START INPUT RECORDS

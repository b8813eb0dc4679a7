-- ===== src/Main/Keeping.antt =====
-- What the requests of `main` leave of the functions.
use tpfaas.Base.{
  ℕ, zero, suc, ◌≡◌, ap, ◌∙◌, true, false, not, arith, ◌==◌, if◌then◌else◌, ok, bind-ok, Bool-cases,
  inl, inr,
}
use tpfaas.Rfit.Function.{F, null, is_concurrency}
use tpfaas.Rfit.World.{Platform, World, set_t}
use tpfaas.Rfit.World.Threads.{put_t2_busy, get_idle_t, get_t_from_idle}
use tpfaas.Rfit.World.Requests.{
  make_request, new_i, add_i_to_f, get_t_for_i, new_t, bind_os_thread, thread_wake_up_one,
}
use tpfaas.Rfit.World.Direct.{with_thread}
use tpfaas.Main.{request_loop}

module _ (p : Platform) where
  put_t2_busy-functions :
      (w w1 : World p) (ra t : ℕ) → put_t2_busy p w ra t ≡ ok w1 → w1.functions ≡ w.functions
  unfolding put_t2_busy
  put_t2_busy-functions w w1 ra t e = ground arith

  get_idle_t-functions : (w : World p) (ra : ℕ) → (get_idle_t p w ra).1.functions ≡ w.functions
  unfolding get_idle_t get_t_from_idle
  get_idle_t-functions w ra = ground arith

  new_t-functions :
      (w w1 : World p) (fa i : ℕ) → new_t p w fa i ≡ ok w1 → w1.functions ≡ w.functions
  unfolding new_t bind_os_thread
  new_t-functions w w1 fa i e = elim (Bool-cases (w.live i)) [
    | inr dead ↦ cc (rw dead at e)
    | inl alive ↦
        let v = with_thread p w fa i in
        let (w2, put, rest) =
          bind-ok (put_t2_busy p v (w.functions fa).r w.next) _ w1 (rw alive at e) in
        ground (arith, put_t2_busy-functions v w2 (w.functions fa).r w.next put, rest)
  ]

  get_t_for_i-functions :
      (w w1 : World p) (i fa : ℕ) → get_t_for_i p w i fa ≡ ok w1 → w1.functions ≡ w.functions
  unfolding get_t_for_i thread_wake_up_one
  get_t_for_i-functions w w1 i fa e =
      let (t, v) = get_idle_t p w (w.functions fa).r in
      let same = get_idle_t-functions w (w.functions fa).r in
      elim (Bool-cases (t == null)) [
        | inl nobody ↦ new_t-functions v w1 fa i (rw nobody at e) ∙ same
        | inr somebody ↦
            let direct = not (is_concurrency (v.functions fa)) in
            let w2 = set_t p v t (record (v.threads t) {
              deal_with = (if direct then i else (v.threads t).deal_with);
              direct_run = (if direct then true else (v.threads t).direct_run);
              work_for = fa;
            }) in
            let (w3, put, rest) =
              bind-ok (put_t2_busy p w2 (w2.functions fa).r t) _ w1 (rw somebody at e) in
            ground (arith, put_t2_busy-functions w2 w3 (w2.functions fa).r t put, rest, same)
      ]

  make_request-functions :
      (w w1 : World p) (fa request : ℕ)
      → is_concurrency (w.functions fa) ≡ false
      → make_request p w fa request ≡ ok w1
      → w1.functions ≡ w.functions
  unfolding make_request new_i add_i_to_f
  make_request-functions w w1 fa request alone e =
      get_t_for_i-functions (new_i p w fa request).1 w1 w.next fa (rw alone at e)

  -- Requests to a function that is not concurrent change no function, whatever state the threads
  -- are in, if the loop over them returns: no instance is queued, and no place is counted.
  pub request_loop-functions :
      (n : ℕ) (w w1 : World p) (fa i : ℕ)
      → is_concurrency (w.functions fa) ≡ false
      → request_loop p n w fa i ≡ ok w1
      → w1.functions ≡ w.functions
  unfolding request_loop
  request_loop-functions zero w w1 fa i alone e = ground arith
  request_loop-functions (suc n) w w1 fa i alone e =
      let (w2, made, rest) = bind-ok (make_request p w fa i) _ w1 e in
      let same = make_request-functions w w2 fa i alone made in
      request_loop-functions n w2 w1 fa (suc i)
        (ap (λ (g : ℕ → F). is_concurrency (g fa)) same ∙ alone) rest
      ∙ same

END INPUT RECORDS
START INPUT RECORDS

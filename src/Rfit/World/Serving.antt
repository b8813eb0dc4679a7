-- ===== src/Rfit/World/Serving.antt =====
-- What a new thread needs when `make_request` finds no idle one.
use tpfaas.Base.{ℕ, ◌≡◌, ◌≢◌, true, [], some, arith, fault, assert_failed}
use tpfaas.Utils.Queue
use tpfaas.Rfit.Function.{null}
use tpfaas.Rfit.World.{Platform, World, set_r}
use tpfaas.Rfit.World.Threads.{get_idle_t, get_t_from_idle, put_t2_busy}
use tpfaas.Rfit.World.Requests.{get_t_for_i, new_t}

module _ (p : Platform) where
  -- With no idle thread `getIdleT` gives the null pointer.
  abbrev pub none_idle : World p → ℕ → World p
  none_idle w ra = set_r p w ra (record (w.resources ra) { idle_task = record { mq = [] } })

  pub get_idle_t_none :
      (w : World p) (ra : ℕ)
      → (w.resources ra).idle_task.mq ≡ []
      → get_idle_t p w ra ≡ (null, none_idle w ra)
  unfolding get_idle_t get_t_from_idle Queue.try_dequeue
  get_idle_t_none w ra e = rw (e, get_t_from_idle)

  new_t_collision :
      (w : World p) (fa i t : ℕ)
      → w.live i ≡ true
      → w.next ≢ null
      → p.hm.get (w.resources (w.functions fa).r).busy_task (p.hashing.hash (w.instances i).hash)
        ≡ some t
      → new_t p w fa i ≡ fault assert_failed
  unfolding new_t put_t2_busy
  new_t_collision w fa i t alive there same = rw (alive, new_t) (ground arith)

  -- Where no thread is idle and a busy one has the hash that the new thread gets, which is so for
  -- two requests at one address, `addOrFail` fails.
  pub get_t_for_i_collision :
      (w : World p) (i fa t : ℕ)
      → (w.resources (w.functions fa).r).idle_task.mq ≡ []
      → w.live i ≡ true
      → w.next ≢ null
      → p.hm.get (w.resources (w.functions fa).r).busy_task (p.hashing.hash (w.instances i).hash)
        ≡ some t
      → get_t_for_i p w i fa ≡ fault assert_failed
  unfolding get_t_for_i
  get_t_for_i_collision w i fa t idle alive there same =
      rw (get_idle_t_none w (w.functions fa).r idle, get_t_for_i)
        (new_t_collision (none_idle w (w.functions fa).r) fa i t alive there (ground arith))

END INPUT RECORDS

YOUR GOAL - Please reproduce the lines from the line with "i ≡ fault assert_failed" to the line with "(w : World p) (i fa t : ℕ)", both ends included, exactly as they appear above.

PROBLEM SOLUTION -
      → new_t p w fa i ≡ fault assert_failed
  unfolding new_t put_t2_busy
  new_t_collision w fa i t alive there same = rw (alive, new_t) (ground arith)

  -- Where no thread is idle and a busy one has the hash that the new thread gets, which is so for
  -- two requests at one address, `addOrFail` fails.
  pub get_t_for_i_collision :
      (w : World p) (i fa t : ℕ)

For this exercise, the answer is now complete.